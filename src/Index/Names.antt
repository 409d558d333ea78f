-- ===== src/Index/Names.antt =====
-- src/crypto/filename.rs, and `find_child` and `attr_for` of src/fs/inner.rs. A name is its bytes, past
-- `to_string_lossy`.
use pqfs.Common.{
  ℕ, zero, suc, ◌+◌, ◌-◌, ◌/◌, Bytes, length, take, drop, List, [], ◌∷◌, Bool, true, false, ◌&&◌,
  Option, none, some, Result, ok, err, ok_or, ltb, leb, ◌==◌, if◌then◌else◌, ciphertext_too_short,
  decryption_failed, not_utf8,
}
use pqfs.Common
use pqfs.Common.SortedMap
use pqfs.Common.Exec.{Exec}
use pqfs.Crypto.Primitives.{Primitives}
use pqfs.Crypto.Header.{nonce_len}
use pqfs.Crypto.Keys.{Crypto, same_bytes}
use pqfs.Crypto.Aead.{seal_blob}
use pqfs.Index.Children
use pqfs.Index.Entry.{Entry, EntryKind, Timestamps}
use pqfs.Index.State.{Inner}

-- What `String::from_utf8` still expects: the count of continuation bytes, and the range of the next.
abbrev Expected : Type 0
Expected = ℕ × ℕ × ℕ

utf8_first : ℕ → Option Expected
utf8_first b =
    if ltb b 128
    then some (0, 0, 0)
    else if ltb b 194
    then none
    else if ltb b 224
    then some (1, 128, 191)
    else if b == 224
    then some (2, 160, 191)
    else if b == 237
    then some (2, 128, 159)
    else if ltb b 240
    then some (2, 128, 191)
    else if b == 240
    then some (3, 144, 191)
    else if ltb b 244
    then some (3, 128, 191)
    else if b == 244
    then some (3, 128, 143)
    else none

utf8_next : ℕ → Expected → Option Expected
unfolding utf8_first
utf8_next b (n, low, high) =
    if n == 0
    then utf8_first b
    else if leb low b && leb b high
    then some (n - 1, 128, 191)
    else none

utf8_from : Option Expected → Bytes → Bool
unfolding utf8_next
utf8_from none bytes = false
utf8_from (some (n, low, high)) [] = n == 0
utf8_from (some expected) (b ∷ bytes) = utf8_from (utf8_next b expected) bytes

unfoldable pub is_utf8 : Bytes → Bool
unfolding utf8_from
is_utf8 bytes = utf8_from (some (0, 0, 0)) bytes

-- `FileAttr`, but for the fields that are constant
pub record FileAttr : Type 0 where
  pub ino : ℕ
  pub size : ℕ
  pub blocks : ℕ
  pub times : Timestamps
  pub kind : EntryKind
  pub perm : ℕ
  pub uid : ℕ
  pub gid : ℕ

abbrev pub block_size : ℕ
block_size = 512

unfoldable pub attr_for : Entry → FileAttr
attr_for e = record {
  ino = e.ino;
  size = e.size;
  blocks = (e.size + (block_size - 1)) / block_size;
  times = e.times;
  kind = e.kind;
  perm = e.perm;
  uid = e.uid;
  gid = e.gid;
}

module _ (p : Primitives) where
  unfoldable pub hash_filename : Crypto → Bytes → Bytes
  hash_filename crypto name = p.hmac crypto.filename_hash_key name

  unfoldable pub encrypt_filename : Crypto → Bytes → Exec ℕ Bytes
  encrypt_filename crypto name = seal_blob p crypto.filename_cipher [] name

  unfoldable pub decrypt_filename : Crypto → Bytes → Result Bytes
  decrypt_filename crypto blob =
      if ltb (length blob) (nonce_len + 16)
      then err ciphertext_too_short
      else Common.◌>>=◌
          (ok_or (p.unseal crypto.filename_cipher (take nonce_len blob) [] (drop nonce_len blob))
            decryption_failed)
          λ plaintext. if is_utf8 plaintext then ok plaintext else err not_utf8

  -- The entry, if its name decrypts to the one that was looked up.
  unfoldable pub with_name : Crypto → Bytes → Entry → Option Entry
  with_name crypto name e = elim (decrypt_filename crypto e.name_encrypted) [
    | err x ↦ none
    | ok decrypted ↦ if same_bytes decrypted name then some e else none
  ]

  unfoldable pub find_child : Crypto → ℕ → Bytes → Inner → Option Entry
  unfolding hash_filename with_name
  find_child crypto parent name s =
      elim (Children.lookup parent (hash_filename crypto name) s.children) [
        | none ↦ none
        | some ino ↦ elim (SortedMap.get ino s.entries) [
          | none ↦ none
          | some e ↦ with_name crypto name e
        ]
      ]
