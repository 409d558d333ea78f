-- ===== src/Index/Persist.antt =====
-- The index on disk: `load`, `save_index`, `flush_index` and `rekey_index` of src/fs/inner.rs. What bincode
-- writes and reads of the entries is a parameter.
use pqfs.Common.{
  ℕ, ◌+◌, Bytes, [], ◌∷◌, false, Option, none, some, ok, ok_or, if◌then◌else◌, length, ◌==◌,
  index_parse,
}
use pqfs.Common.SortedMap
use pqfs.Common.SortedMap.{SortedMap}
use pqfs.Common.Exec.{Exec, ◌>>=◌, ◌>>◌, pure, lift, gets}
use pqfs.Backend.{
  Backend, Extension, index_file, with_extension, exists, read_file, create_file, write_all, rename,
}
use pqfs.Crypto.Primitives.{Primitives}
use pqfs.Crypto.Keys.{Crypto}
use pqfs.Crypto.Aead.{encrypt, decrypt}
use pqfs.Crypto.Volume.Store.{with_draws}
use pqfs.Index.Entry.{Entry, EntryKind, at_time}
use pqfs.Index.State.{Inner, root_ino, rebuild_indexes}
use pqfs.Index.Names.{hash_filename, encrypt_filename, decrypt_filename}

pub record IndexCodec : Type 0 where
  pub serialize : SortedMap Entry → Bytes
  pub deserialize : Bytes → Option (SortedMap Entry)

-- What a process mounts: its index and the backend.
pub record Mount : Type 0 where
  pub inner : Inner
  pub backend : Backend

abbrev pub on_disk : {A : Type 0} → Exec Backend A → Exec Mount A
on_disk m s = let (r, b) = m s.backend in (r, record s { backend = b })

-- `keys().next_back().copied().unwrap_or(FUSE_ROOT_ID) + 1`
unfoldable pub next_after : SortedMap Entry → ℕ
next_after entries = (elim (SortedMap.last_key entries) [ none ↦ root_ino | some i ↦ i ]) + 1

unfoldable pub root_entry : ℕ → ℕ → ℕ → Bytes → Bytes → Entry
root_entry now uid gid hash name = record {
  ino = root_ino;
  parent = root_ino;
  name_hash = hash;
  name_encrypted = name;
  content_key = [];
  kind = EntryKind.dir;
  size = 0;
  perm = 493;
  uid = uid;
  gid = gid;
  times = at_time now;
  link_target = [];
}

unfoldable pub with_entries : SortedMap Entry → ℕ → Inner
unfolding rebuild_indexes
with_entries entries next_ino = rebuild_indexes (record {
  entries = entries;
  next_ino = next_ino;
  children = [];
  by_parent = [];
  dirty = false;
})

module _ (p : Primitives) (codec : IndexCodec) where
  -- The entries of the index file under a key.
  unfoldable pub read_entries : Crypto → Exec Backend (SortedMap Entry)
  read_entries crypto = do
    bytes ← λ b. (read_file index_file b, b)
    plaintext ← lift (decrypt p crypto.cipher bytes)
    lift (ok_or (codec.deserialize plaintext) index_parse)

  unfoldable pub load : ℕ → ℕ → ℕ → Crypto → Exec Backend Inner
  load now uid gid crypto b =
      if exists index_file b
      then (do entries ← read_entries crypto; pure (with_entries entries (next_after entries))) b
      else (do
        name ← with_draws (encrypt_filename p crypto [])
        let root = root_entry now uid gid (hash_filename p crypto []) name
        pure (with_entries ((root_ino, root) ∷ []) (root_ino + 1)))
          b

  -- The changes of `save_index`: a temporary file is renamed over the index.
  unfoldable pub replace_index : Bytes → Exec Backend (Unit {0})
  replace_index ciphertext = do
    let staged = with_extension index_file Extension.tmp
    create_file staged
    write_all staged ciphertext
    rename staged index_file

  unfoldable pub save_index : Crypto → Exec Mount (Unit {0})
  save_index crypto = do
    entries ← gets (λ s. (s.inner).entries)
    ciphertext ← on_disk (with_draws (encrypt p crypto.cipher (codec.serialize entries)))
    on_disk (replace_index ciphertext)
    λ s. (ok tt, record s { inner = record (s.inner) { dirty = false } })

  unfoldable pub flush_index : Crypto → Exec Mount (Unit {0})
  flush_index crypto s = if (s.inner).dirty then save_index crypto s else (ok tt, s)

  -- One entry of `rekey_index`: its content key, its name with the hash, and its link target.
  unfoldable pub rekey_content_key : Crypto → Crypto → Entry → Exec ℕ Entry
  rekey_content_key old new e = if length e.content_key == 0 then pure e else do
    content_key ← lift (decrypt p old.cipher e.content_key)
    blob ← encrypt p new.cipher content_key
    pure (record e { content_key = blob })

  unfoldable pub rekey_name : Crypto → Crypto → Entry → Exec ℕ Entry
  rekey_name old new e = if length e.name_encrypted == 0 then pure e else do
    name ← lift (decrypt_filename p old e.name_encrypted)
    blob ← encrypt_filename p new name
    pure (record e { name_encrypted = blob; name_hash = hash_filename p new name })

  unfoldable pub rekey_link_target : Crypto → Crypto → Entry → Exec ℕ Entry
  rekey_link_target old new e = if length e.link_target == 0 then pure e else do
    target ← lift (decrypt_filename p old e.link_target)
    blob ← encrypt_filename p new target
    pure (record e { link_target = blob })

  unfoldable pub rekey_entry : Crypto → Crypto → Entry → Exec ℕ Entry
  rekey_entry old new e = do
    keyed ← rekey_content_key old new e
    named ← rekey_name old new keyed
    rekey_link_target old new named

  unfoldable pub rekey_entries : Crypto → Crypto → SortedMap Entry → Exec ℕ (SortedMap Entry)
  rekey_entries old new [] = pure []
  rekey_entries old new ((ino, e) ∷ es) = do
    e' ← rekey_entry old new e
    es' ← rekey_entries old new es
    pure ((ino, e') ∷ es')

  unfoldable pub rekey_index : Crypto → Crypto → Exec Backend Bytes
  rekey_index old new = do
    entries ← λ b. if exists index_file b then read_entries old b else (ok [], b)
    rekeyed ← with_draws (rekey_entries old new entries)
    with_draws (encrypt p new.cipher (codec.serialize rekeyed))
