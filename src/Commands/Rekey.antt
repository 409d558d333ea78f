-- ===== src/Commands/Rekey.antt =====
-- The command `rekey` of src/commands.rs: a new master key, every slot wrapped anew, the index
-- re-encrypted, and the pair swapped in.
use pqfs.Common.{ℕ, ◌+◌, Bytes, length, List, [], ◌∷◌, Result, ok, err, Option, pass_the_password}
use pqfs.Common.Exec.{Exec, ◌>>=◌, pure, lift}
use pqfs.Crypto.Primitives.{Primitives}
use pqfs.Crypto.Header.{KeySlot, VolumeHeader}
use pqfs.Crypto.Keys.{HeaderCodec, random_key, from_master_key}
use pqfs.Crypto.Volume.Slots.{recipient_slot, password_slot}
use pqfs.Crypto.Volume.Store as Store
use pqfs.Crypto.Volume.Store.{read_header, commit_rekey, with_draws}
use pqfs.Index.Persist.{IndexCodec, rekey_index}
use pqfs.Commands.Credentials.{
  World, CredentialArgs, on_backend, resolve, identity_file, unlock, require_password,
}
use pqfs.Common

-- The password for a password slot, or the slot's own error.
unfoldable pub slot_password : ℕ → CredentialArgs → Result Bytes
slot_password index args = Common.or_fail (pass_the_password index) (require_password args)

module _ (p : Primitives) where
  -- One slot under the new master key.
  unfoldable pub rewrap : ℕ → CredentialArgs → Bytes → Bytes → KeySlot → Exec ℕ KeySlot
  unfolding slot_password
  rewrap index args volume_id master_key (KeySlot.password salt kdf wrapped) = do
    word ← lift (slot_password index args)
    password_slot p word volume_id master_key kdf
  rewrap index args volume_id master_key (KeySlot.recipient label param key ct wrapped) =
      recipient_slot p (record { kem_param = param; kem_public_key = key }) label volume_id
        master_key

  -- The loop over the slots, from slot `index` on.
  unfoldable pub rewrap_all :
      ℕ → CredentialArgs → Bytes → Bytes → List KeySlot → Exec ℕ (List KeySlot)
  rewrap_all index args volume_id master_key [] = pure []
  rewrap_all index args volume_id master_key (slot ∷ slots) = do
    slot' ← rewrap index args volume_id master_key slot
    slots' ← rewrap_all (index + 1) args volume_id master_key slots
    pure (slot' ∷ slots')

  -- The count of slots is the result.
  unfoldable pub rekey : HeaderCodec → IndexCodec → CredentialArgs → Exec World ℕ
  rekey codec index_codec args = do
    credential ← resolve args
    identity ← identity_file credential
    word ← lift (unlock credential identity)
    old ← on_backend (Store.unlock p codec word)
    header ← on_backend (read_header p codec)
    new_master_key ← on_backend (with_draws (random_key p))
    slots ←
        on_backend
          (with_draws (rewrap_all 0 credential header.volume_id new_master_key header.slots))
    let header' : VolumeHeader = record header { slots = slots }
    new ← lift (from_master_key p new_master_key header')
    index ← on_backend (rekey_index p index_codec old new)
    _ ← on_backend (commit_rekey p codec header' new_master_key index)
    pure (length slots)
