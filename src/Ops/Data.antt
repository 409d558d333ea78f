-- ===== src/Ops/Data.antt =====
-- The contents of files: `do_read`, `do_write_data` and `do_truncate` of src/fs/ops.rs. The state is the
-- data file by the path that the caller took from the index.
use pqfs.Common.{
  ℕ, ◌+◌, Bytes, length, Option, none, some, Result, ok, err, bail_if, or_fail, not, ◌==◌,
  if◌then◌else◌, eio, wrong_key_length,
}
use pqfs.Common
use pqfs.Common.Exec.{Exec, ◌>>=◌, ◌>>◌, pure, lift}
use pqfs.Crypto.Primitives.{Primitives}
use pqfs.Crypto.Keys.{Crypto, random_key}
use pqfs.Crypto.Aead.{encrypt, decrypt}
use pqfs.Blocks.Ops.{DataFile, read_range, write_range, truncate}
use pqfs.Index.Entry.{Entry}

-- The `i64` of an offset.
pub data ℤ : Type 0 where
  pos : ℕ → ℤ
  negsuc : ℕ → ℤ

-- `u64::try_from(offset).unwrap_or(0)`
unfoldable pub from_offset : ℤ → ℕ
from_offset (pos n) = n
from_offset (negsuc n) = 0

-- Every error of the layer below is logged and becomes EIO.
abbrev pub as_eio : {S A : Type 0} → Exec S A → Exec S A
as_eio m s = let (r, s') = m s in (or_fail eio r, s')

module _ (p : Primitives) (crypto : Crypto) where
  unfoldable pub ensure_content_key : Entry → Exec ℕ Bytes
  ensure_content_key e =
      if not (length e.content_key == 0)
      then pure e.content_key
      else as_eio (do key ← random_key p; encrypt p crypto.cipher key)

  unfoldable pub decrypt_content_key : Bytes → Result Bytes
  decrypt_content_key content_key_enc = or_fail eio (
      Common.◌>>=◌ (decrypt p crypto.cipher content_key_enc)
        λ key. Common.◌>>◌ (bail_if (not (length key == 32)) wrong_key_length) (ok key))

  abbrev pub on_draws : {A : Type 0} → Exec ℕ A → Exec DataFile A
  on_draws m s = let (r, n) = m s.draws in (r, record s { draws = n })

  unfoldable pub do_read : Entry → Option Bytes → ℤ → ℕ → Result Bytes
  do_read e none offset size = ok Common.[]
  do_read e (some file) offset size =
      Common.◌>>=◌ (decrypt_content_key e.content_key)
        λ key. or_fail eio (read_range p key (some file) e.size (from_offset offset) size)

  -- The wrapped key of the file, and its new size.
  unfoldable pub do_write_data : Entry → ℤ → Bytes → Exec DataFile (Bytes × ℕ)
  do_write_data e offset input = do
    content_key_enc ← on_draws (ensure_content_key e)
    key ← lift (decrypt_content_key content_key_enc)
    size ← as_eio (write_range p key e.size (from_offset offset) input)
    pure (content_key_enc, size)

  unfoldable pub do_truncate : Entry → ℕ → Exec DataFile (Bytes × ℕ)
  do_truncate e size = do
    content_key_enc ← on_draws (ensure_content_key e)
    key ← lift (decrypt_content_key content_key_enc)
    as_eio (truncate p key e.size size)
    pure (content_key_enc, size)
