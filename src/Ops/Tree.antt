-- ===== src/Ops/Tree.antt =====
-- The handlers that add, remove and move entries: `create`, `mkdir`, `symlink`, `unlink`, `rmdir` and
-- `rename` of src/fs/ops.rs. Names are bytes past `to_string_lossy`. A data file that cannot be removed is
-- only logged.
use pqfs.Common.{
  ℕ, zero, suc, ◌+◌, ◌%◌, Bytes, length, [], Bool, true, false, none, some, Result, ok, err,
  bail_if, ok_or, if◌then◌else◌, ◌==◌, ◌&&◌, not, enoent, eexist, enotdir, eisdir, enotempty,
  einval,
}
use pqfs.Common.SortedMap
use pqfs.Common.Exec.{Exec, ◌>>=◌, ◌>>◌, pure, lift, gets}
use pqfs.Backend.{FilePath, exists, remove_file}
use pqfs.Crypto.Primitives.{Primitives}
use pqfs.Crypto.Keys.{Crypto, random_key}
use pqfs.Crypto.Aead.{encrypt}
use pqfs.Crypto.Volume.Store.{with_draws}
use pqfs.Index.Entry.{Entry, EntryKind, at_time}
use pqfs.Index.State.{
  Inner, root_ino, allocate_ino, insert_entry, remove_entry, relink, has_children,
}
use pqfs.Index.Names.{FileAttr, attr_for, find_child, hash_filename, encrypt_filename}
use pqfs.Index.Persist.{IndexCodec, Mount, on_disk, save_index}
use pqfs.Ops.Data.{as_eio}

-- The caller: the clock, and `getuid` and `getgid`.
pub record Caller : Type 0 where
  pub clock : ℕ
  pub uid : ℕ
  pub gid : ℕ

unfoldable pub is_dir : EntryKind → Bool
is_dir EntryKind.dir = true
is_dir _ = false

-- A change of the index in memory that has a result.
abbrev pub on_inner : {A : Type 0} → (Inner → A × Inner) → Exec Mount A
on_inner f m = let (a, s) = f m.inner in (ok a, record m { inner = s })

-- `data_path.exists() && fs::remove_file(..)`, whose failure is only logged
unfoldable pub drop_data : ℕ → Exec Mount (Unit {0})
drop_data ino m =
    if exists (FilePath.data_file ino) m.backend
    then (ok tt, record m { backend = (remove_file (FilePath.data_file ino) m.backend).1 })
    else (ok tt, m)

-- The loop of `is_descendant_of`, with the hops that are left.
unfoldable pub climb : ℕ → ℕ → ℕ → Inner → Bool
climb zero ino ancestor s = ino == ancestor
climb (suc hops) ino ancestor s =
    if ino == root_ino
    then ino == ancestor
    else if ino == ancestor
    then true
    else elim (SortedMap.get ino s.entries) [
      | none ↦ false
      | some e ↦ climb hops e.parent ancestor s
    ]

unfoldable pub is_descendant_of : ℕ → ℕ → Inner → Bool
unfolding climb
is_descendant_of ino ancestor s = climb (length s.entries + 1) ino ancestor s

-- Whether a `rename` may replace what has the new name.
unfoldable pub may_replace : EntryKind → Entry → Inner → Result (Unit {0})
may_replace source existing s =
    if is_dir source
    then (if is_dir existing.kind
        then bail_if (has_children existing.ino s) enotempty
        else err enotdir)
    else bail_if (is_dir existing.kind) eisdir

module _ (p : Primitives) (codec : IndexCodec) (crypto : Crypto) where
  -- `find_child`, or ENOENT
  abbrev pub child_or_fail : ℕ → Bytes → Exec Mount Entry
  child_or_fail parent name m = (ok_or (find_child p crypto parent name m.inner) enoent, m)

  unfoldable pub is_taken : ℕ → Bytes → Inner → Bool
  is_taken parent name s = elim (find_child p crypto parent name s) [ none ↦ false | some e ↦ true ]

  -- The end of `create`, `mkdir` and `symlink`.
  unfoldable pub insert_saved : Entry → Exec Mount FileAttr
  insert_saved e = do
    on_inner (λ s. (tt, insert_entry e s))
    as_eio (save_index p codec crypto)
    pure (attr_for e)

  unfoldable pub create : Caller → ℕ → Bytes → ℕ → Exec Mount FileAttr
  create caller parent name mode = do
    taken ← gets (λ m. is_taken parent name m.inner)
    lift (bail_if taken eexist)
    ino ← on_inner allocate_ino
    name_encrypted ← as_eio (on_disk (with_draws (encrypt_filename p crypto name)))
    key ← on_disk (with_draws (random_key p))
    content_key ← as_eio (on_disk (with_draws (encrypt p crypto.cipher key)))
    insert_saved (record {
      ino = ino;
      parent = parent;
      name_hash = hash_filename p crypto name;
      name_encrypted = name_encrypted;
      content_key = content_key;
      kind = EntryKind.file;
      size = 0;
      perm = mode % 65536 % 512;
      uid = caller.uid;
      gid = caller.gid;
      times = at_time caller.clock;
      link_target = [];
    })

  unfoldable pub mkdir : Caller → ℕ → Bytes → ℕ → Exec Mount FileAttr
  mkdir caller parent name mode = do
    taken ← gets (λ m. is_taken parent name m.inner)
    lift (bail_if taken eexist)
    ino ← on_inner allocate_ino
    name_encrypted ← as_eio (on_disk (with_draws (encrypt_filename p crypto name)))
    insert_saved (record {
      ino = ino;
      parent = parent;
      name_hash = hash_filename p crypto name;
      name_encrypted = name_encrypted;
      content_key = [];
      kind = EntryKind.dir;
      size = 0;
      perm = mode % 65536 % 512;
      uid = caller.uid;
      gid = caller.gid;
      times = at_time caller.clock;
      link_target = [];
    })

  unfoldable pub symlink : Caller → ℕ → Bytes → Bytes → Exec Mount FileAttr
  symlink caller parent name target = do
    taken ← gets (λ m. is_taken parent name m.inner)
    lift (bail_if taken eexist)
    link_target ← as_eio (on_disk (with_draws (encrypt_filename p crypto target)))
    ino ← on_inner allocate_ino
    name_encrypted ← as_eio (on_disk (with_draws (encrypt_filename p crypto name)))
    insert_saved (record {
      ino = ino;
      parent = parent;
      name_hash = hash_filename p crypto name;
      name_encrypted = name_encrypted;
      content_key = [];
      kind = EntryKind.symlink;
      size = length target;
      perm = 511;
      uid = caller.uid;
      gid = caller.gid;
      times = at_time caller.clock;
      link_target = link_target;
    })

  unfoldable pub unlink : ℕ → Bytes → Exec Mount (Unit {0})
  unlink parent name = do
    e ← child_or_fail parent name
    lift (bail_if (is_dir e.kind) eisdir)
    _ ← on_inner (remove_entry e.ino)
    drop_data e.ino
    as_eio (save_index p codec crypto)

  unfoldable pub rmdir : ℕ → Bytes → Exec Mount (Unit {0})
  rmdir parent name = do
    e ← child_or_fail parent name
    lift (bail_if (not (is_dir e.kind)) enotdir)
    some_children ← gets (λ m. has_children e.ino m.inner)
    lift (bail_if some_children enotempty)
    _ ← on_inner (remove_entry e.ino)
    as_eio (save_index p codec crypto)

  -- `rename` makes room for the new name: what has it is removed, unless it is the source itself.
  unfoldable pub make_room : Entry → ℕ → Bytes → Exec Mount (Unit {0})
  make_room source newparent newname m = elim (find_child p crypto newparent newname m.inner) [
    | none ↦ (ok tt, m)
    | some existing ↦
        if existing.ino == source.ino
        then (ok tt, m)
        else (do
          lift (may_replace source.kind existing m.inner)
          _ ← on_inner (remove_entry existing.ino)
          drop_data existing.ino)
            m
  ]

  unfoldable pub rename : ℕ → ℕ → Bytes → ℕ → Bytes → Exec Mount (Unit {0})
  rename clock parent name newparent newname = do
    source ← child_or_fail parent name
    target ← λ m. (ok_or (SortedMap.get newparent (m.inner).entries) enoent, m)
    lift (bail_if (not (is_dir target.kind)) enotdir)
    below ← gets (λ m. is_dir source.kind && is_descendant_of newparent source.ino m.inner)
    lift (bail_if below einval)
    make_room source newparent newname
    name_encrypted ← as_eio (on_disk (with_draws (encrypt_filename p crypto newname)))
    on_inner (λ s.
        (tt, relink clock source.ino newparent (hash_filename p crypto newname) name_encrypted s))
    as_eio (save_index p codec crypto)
_ _ _
> WHAT TO PRODUCE:
What is asked for is an exact copy of the lines above from the one containing "pub ino : ℕ" through the one containing "size = e.size;", and only those.

> SOLUTION:
  pub ino : ℕ
  pub size : ℕ
  pub blocks : ℕ
  pub times : Timestamps
  pub kind : EntryKind
  pub perm : ℕ
  pub uid : ℕ
  pub gid : ℕ

abbrev pub block_size : ℕ
block_size = 512

unfoldable pub attr_for : Entry → FileAttr
attr_for e = record {
  ino = e.ino;
  size = e.size;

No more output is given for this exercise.